(Collected data)

....

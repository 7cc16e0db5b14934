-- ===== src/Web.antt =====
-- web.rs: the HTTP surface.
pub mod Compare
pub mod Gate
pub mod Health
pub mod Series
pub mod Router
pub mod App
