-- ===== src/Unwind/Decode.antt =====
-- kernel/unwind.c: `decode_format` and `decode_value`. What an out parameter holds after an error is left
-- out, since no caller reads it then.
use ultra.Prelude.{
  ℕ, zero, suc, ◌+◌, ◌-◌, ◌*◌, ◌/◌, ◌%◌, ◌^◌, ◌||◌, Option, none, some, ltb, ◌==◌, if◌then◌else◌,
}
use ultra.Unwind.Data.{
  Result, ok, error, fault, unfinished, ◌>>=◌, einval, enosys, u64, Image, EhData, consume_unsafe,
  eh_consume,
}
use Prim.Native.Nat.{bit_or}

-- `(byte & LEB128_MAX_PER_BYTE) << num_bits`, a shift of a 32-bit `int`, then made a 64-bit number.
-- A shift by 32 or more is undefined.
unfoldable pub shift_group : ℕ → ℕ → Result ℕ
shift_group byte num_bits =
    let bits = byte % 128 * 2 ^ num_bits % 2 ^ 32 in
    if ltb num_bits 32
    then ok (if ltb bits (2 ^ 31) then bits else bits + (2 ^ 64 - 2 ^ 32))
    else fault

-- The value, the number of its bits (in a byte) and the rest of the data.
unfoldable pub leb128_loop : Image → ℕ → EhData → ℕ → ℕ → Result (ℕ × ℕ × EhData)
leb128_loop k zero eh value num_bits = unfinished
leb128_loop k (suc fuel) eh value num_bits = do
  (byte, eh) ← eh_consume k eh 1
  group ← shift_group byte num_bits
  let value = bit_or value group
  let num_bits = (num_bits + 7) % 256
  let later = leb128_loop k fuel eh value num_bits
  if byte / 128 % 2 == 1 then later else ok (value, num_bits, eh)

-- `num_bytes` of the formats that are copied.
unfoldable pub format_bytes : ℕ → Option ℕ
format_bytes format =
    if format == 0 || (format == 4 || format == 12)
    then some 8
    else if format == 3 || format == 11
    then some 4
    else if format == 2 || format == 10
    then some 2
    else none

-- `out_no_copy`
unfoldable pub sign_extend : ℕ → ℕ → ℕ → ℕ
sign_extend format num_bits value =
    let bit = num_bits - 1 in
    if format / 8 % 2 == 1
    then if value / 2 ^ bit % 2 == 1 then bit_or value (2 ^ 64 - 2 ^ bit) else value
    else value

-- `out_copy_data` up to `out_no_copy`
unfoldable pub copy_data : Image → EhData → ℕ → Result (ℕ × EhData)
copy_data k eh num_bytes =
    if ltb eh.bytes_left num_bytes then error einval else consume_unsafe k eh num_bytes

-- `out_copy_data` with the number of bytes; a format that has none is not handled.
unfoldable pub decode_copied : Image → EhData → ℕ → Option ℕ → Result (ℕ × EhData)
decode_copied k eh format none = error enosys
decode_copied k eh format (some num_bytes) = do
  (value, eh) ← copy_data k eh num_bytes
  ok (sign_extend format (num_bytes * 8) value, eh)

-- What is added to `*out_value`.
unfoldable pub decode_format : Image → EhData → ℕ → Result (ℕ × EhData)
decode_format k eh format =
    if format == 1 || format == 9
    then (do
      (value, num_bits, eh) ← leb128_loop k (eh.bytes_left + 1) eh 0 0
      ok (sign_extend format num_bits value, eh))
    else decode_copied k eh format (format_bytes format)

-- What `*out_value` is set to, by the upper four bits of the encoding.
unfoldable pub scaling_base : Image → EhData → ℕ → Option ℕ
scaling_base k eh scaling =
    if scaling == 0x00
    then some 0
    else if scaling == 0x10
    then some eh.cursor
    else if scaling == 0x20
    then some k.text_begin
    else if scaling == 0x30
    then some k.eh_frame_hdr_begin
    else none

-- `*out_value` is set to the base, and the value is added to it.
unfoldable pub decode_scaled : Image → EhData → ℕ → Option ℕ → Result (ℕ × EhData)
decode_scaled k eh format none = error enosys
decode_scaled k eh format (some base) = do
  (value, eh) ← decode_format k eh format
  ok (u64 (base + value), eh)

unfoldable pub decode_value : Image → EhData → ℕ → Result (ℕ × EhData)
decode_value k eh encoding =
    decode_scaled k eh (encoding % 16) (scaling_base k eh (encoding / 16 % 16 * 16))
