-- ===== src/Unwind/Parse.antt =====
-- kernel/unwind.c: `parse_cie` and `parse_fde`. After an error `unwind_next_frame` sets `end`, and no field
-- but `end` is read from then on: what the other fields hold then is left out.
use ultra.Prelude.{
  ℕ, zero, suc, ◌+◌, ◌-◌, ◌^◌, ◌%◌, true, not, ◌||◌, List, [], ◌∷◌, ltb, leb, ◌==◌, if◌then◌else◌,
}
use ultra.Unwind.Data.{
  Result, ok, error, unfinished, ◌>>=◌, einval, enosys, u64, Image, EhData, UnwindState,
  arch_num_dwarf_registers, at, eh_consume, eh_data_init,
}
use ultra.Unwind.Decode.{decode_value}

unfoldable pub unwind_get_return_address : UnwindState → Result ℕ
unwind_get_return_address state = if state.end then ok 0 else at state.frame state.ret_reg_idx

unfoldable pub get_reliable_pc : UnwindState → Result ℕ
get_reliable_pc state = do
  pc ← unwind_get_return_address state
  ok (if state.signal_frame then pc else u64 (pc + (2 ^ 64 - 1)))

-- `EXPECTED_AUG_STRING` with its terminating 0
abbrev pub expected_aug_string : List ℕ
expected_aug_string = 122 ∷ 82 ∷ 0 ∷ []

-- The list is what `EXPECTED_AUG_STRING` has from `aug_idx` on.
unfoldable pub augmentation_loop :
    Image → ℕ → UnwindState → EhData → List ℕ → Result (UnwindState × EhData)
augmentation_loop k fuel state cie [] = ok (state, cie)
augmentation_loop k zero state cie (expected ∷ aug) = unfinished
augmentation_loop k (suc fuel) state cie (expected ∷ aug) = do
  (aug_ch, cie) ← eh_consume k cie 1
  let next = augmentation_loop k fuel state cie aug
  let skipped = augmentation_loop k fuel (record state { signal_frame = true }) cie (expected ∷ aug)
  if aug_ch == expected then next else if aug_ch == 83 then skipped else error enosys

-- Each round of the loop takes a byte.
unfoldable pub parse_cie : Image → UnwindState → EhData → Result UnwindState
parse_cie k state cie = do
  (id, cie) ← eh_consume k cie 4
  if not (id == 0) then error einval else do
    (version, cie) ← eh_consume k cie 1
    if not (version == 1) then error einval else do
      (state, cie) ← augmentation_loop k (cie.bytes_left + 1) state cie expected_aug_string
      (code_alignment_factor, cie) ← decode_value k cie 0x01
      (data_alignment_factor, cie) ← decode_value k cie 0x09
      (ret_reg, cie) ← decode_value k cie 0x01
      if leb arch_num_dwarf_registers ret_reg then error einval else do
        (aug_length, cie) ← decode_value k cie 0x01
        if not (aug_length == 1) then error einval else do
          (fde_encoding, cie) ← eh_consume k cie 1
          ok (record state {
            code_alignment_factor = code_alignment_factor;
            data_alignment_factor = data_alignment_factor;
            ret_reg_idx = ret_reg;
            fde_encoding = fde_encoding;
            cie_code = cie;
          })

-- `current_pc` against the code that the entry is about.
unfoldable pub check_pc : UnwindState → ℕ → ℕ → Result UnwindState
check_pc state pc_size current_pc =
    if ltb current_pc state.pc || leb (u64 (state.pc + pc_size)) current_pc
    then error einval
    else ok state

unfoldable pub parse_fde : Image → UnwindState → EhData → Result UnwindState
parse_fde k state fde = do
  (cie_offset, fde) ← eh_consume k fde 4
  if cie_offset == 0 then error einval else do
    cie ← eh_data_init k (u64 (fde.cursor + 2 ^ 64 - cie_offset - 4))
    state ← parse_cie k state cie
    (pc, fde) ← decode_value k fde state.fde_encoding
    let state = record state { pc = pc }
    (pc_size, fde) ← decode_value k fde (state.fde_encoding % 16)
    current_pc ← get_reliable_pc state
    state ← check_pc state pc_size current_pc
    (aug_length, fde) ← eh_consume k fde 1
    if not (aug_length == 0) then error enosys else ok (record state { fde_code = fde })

....

▶ [What you have to do]:
When the line with "data_alignment_factor = data_alignment_factor;" is reached in the data above, begin copying, and stop after the line with "state ← parse_cie k state cie"; copy each line exactly, both ends included.

▶ [Written answer]:
            data_alignment_factor = data_alignment_factor;
            ret_reg_idx = ret_reg;
            fde_encoding = fde_encoding;
            cie_code = cie;
          })

-- `current_pc` against the code that the entry is about.
unfoldable pub check_pc : UnwindState → ℕ → ℕ → Result UnwindState
check_pc state pc_size current_pc =
    if ltb current_pc state.pc || leb (u64 (state.pc + pc_size)) current_pc
    then error einval
    else ok state

unfoldable pub parse_fde : Image → UnwindState → EhData → Result UnwindState
parse_fde k state fde = do
  (cie_offset, fde) ← eh_consume k fde 4
  if cie_offset == 0 then error einval else do
    cie ← eh_data_init k (u64 (fde.cursor + 2 ^ 64 - cie_offset - 4))
    state ← parse_cie k state cie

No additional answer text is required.